[Extracted records]
---------------
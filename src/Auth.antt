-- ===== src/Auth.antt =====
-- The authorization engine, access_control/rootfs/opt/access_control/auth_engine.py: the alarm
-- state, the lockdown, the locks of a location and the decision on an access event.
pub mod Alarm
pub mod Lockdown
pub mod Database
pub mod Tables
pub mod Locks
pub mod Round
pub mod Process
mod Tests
---------------
WORK TO COMPLETE: Above are the records; retype every one exactly.

COMPLETED TASK:
filename src/Auth.antt
-- ===== src/Auth.antt =====
-- The authorization engine, access_control/rootfs/opt/access_control/auth_engine.py: the alarm
-- state, the lockdown, the locks of a location and the decision on an access event.
pub mod Alarm
pub mod Lockdown
pub mod Database
pub mod Tables
pub mod Locks
pub mod Round
pub mod Process
mod Tests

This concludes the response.